Start of Records for this exercise
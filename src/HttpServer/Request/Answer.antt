-- ===== src/HttpServer/Request/Answer.antt =====
-- What a client is promised, in terms of the route tables, the files and the application's calls.
use uni_serve_libhttp.Common.{ℕ, ◌≡◌, ◌≢◌, ◌⊎◌, ◌∙◌, [], ◌++◌, Option, none, some, Str, bytes}
use uni_serve_libhttp.HttpServer.Beast.{View, Beast, IsBeast, AllowsBody}
use uni_serve_libhttp.HttpServer.Query.{Params}
use uni_serve_libhttp.HttpServer.Routes.{Router, find_route}
use uni_serve_libhttp.HttpServer.Request.{
  Result, ok, throws, std_exception, other, Handler, Middleware, Externals, content_type_of, finish,
  prepare_response, with_body,
}

-- The media type of a served file; the type that stood there before, where the extension is none
-- of those known.
abbrev pub type_or : Str → Option Str → Str
type_or old none = old
type_or old (some t) = t

module _ (b : Beast) {W : Type 0} (x : Externals W) (t : Router (Handler b W) (Middleware b W))
    (req : b.Request) (path : Str) (params : Params) (r : b.Response) (w : W) where
  -- The answer to a request that the middlewares let through with response `r` and state `w`.
  pub data IsAnswer : Result b.Response → W → Type 0 where
    by_handler :
        (h : Handler b W) (r' : b.Response) (w' : W)
        → find_route t (b.method_string req) path ≡ some h
        → h req params w ≡ (ok r', w')
        → IsAnswer (ok r') w'
    by_failure :
        (h : Handler b W) (what : Str) (r' : b.Response) (w' : W)
        → find_route t (b.method_string req) path ≡ some h
        → h req params w ≡ (throws (std_exception what), w')
        → b.view r' ≡ record (b.view r) { status = 500; body = bytes "500 Internal Server Error\n" }
        → IsAnswer (ok r') w'
    escaped :
        (h : Handler b W) (w' : W)
        → find_route t (b.method_string req) path ≡ some h
        → h req params w ≡ (throws other, w')
        → IsAnswer (throws other) w'
    by_file :
        (content : Str) (r' : b.Response)
        → find_route t (b.method_string req) path ≡ none
        → t.static_directory ≢ []
        → x.read_file w (t.static_directory ++ path) ≡ some content
        → b.view r' ≡ record (b.view r) {
          status = 200;
          content_type =
              type_or
                (b.view r).content_type
                (content_type_of x.ends_with (t.static_directory ++ path));
          body = content;
        }
        → IsAnswer (ok r') w
    missing :
        (r' : b.Response)
        → find_route t (b.method_string req) path ≡ none
        → (t.static_directory ≡ []) ⊎ (x.read_file w (t.static_directory ++ path) ≡ none)
        → b.view r' ≡ record (b.view r) { status = 404; body = bytes "404 Not Found\n" }
        → IsAnswer (ok r') w

module _ {b : Beast} (l : IsBeast b) where
  -- A response with a body is finished as it is, where its status allows one.
  pub finish-view :
      (r : b.Response) (v : View)
      → b.view r ≡ v
      → AllowsBody v.status
      → (r' : b.Response) × (finish b r ≡ ok r') × (b.view r' ≡ v)
  unfolding finish
  finish-view r v e a = let (r', f, g) = l.prepared r (rw e a) in (r', rw (f, finish), g ∙ e)

  pub view-with_body :
      (c : ℕ) (s : Str) (r : b.Response)
      → b.view (with_body b c s r) ≡ record (b.view r) { status = c; body = s }
  view-with_body c s r = rw (l.view-set_body s (b.set_result c r), l.view-set_result c r)

  pub view-prepare_response :
      (req : b.Request)
      → b.view (prepare_response b req) ≡ record {
        status = 200;
        content_type = bytes "text/plain";
        body = [];
        keep_alive = b.keep_alive req;
      }
  unfolding prepare_response
  view-prepare_response req =
      let typed = b.set_content_type (bytes "text/plain") (
        b.set_server (bytes "Boost.Beast HttpServer") (b.set_version (b.version req) b.response)) in
      cc (
        l.view-set_keep_alive (b.keep_alive req) typed,
        l.view-set_content_type (bytes "text/plain") (
            b.set_server (bytes "Boost.Beast HttpServer")
              (b.set_version (b.version req) b.response)),
        l.view-set_server (bytes "Boost.Beast HttpServer")
            (b.set_version (b.version req) b.response),
        l.view-response (b.version req),
      )
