-- ===== src/HttpServer/Request/Laws.antt =====
-- The answer to every request, middlewares and failures included.
use uni_serve_libhttp.Common.{
  ℕ, ◌≡◌, ◌≢◌, ◌⊎◌, refl, ap, ◌∙◌, inl, inr, false, List, [], ◌∷◌, ◌++◌, Option, none, some, arith,
  Str, bytes, leb, Option-cases,
}
use uni_serve_libhttp.HttpServer.Beast.{Beast, IsBeast, AllowsBody}
use uni_serve_libhttp.HttpServer.Query.{Params, split_target, parse_query_params}
use uni_serve_libhttp.HttpServer.Routes.{Router, find_route}
use uni_serve_libhttp.HttpServer.Request.{
  Result, ok, throws, std_exception, other, Handler, Middleware, Externals, content_type_of, finish,
  prepare_response, with_body, with_type, call_middleware, run_middlewares, after_middleware,
  catch_handler, static_file, serve_file, respond, conclude, handle_request, error_response,
  catch_request, process_request,
}
use uni_serve_libhttp.HttpServer.Request.Chain.{Passes, run-append, run-Passes}
use uni_serve_libhttp.HttpServer.Request.Answer.{
  IsAnswer, by_handler, by_failure, escaped, by_file, missing, type_or, finish-view, view-with_body,
}

module _ {b : Beast} (l : IsBeast b) where
  view-with_type :
      (o : Option Str) (r : b.Response)
      → b.view (with_type b o r)
        ≡ record (b.view r) { content_type = type_or (b.view r).content_type o }
  view-with_type none r = refl
  view-with_type (some t) r = l.view-set_content_type t r

  finish-with_body :
      (c : ℕ) (s : Str) (r : b.Response)
      → AllowsBody c
      → (r' : b.Response) × (finish b (with_body b c s r) ≡ ok r')
        × (b.view r' ≡ record (b.view r) { status = c; body = s })
  finish-with_body c s r a = finish-view l (with_body b c s r) _ (view-with_body l c s r) a

  -- The answer to a request whose handling throws: status 500 as plain text, and a connection that
  -- persists by the request's version alone, whatever the request says of it.
  pub error_response-view :
      (req : b.Request)
      → (r : b.Response) × (error_response b req ≡ ok r)
        × (b.view r ≡ record {
          status = 500;
          content_type = bytes "text/plain";
          body = bytes "500 Internal Server Error\n";
          keep_alive = leb 11 (b.version req);
        })
  unfolding error_response
  error_response-view req =
      let blank = b.set_version (b.version req) b.response in
      let failed = b.set_result 500 blank in
      let typed = b.set_content_type (bytes "text/plain") failed in
      finish-view l (b.set_body (bytes "500 Internal Server Error\n") typed) _
        (cc (
          l.view-set_body (bytes "500 Internal Server Error\n") typed,
          l.view-set_content_type (bytes "text/plain") failed,
          l.view-set_result 500 blank,
          l.view-response (b.version req),
        ))
        (omega arith)

module _ {b : Beast} (l : IsBeast b) {W : Type 0} (x : Externals W)
    (t : Router (Handler b W) (Middleware b W)) where
  catch_handler-IsAnswer :
      (req : b.Request) (path : Str) (params : Params) (r : b.Response) (w : W) (h : Handler b W)
      → find_route t (b.method_string req) path ≡ some h
      → (o : Result b.Response × W) → h req params w ≡ o
      → IsAnswer b x t req path params r w (catch_handler b r o).0 (catch_handler b r o).1
  unfolding catch_handler
  catch_handler-IsAnswer req path params r w h e (ok r', w') f = by_handler h r' w' e f
  catch_handler-IsAnswer req path params r w h e (throws (std_exception what), w') f =
      let (r', g, v) =
        finish-with_body l 500 (bytes "500 Internal Server Error\n") r (omega arith) in
      rw g (by_failure h what r' w' e f v)
  catch_handler-IsAnswer req path params r w h e (throws other, w') f = escaped h w' e f

  static_file-some :
      (path : Str) (w : W) (content : Str)
      → static_file b x t path w ≡ some content
      → (t.static_directory ≢ []) × (x.read_file w (t.static_directory ++ path) ≡ some content)
  unfolding static_file
  static_file-some path w content e = ground arith

  static_file_of_read :
      (path : Str) (w : W) (content : Str)
      → t.static_directory ≢ []
      → x.read_file w (t.static_directory ++ path) ≡ some content
      → static_file b x t path w ≡ some content
  unfolding static_file
  static_file_of_read path w content d e = ground arith

  static_file-none :
      (path : Str) (w : W)
      → static_file b x t path w ≡ none
      → (t.static_directory ≡ []) ⊎ (x.read_file w (t.static_directory ++ path) ≡ none)
  unfolding static_file
  static_file-none path w e = ground arith

  serve_file-view :
      (path content : Str) (r : b.Response)
      → (r' : b.Response) × (serve_file b x t path content r ≡ ok r')
        × (b.view r' ≡ record (b.view r) {
          status = 200;
          content_type =
              type_or
                (b.view r).content_type
                (content_type_of x.ends_with (t.static_directory ++ path));
          body = content;
        })
  unfolding serve_file
  serve_file-view path content r =
      let o = content_type_of x.ends_with (t.static_directory ++ path) in
      finish-view l (with_type b o (with_body b 200 content r)) _
        (cc (view-with_type l o (with_body b 200 content r), view-with_body l 200 content r))
        (omega arith)

  respond-IsAnswer :
      (req : b.Request) (path : Str) (params : Params) (r : b.Response) (w : W)
      → IsAnswer b x t req path params r w
          (respond b x t req path params r w).0
          (respond b x t req path params r w).1
  unfolding respond
  respond-IsAnswer req path params r w =
      elim (Option-cases (find_route t (b.method_string req) path)) [
        | inr (h, e) ↦
            rw (e, respond) (catch_handler-IsAnswer req path params r w h e (h req params w) refl)
        | inl e ↦ elim (Option-cases (static_file b x t path w)) [
          | inr (content, f) ↦
              let (r', g, v) = serve_file-view path content r in
              let (set_up, opened) = static_file-some path w content f in
              rw (e, f, g, respond) (by_file content r' e set_up opened v)
          | inl f ↦
              let (r', g, v) = finish-with_body l 404 (bytes "404 Not Found\n") r (omega arith) in
              rw (e, f, g, respond) (missing r' e (static_file-none path w f) v)
        ]
      ]

  -- The path that the routes see, and the parameters that the application sees.
  abbrev pub path_of : b.Request → Str
  path_of req = (split_target (b.target req)).0

  abbrev pub params_of : b.Request → Params
  params_of req = parse_query_params x.split (split_target (b.target req)).1

  -- Once every middleware has let a request through, the answer is the registered handler's, or
  -- 500 where that throws a `std::exception`, or without a handler the file that the path names
  -- behind the static directory, with status 200, or else 404. The last three keep the
  -- `keep_alive` that the middlewares left, and the content type too unless the file's extension
  -- is known; and none fails in `prepare_payload`.
  pub handle_request-IsAnswer :
      (req : b.Request) (w : W) (r : b.Response) (w' : W)
      → Passes b req (params_of req) t.middlewares (prepare_response b req) w r w'
      → IsAnswer b x t req
          (path_of req)
          (params_of req)
          r
          w'
          (handle_request b x t req w).0
          (handle_request b x t req w).1
  unfolding handle_request conclude
  handle_request-IsAnswer req w r w' h =
      rw
        (run-Passes b req (params_of req) t.middlewares (prepare_response b req) r w w' h, conclude)
        (respond-IsAnswer req (path_of req) (params_of req) r w')

  -- The first middleware that returns false ends the handling: its response is finished and
  -- returned, and neither the middlewares behind it nor the routes nor the files are consulted.
  pub handle_request-stops :
      (before after : List (Option (Middleware b W))) (m : Option (Middleware b W))
      (req : b.Request) (w w₁ w₂ : W) (r₁ r₂ : b.Response)
      → t.middlewares ≡ before ++ (m ∷ after)
      → Passes b req (params_of req) before (prepare_response b req) w r₁ w₁
      → call_middleware b m req r₁ (params_of req) w₁ ≡ (ok (false, r₂), w₂)
      → handle_request b x t req w ≡ (finish b r₂, w₂)
  unfolding handle_request run_middlewares conclude
  handle_request-stops before after m req w w₁ w₂ r₁ r₂ e h f =
      let reached =
        run-append b req (params_of req) before (m ∷ after) (prepare_response b req) r₁ w w₁ h in
      let stopped =
        reached ∙ ap (after_middleware b (run_middlewares b req (params_of req) after)) f in
      ap
        (λ ms.
          conclude b x t req (path_of req) (params_of req)
            (run_middlewares b req (params_of req) ms (prepare_response b req) w))
        e
      ∙ ap (conclude b x t req (path_of req) (params_of req)) stopped

  -- `processRequest` against `handleRequest`.
  pub data IsProcessed (req : b.Request)
      : Result b.Response × W → Result b.Response × W → Type 0 where
    returned : (r : b.Response) (w : W) → IsProcessed req (ok r, w) (ok r, w)
    failed :
        (what : Str) (r : b.Response) (w : W)
        → b.view r ≡ record {
          status = 500;
          content_type = bytes "text/plain";
          body = bytes "500 Internal Server Error\n";
          keep_alive = leb 11 (b.version req);
        }
        → IsProcessed req (throws (std_exception what), w) (ok r, w)
    lost : (w : W) → IsProcessed req (throws other, w) (throws other, w)

  catch_request-IsProcessed :
      (req : b.Request) (o : Result b.Response × W) → IsProcessed req o (catch_request b req o)
  unfolding catch_request
  catch_request-IsProcessed req (ok r, w) = returned r w
  catch_request-IsProcessed req (throws (std_exception what), w) =
      let (r, e, v) = error_response-view l req in rw e (failed what r w v)
  catch_request-IsProcessed req (throws other, w) = lost w

  -- Whatever the application does, a request is answered: with the response of `handleRequest`, or
  -- with status 500 where that throws a `std::exception`; only another exception of the
  -- application gets past. The 500 response ignores what the request says of its connection.
  pub process_request-IsProcessed :
      (req : b.Request) (w : W)
      → IsProcessed req (handle_request b x t req w) (process_request b x t req w)
  unfolding process_request
  process_request-IsProcessed req w = catch_request-IsProcessed req (handle_request b x t req w)

  -- A target that climbs out of the static directory is served like any other: where no
  -- middleware stops it and no route takes it, the file behind the directory's name and the whole
  -- path, ".." included, is sent with status 200.
  pub handle_request_climbs :
      (req : b.Request) (w : W) (r : b.Response) (w' : W) (rest content : Str)
      → path_of req ≡ bytes "/../" ++ rest
      → Passes b req (params_of req) t.middlewares (prepare_response b req) w r w'
      → find_route t (b.method_string req) (path_of req) ≡ none
      → t.static_directory ≢ []
      → x.read_file w' (t.static_directory ++ (bytes "/../" ++ rest)) ≡ some content
      → (r' : b.Response) × (handle_request b x t req w ≡ (ok r', w'))
        × ((b.view r').status ≡ 200)
        × ((b.view r').body ≡ content)
  unfolding handle_request conclude respond
  handle_request_climbs req w r w' rest content p h n d f =
      let (r', g, v) = serve_file-view (path_of req) content r in
      let named = static_file_of_read (path_of req) w' content d (rw p f) in
      let passed =
        run-Passes b req (params_of req) t.middlewares (prepare_response b req) r w w' h in
      (r', rw (passed, n, named, g, conclude, respond), ap (λ u. u.status) v, ap (λ u. u.body) v)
End of Records for this exercise
#### Your instructions
Count the lines in the entries above that include the string "respond", then give only that figure.

#### Solution to this problem
12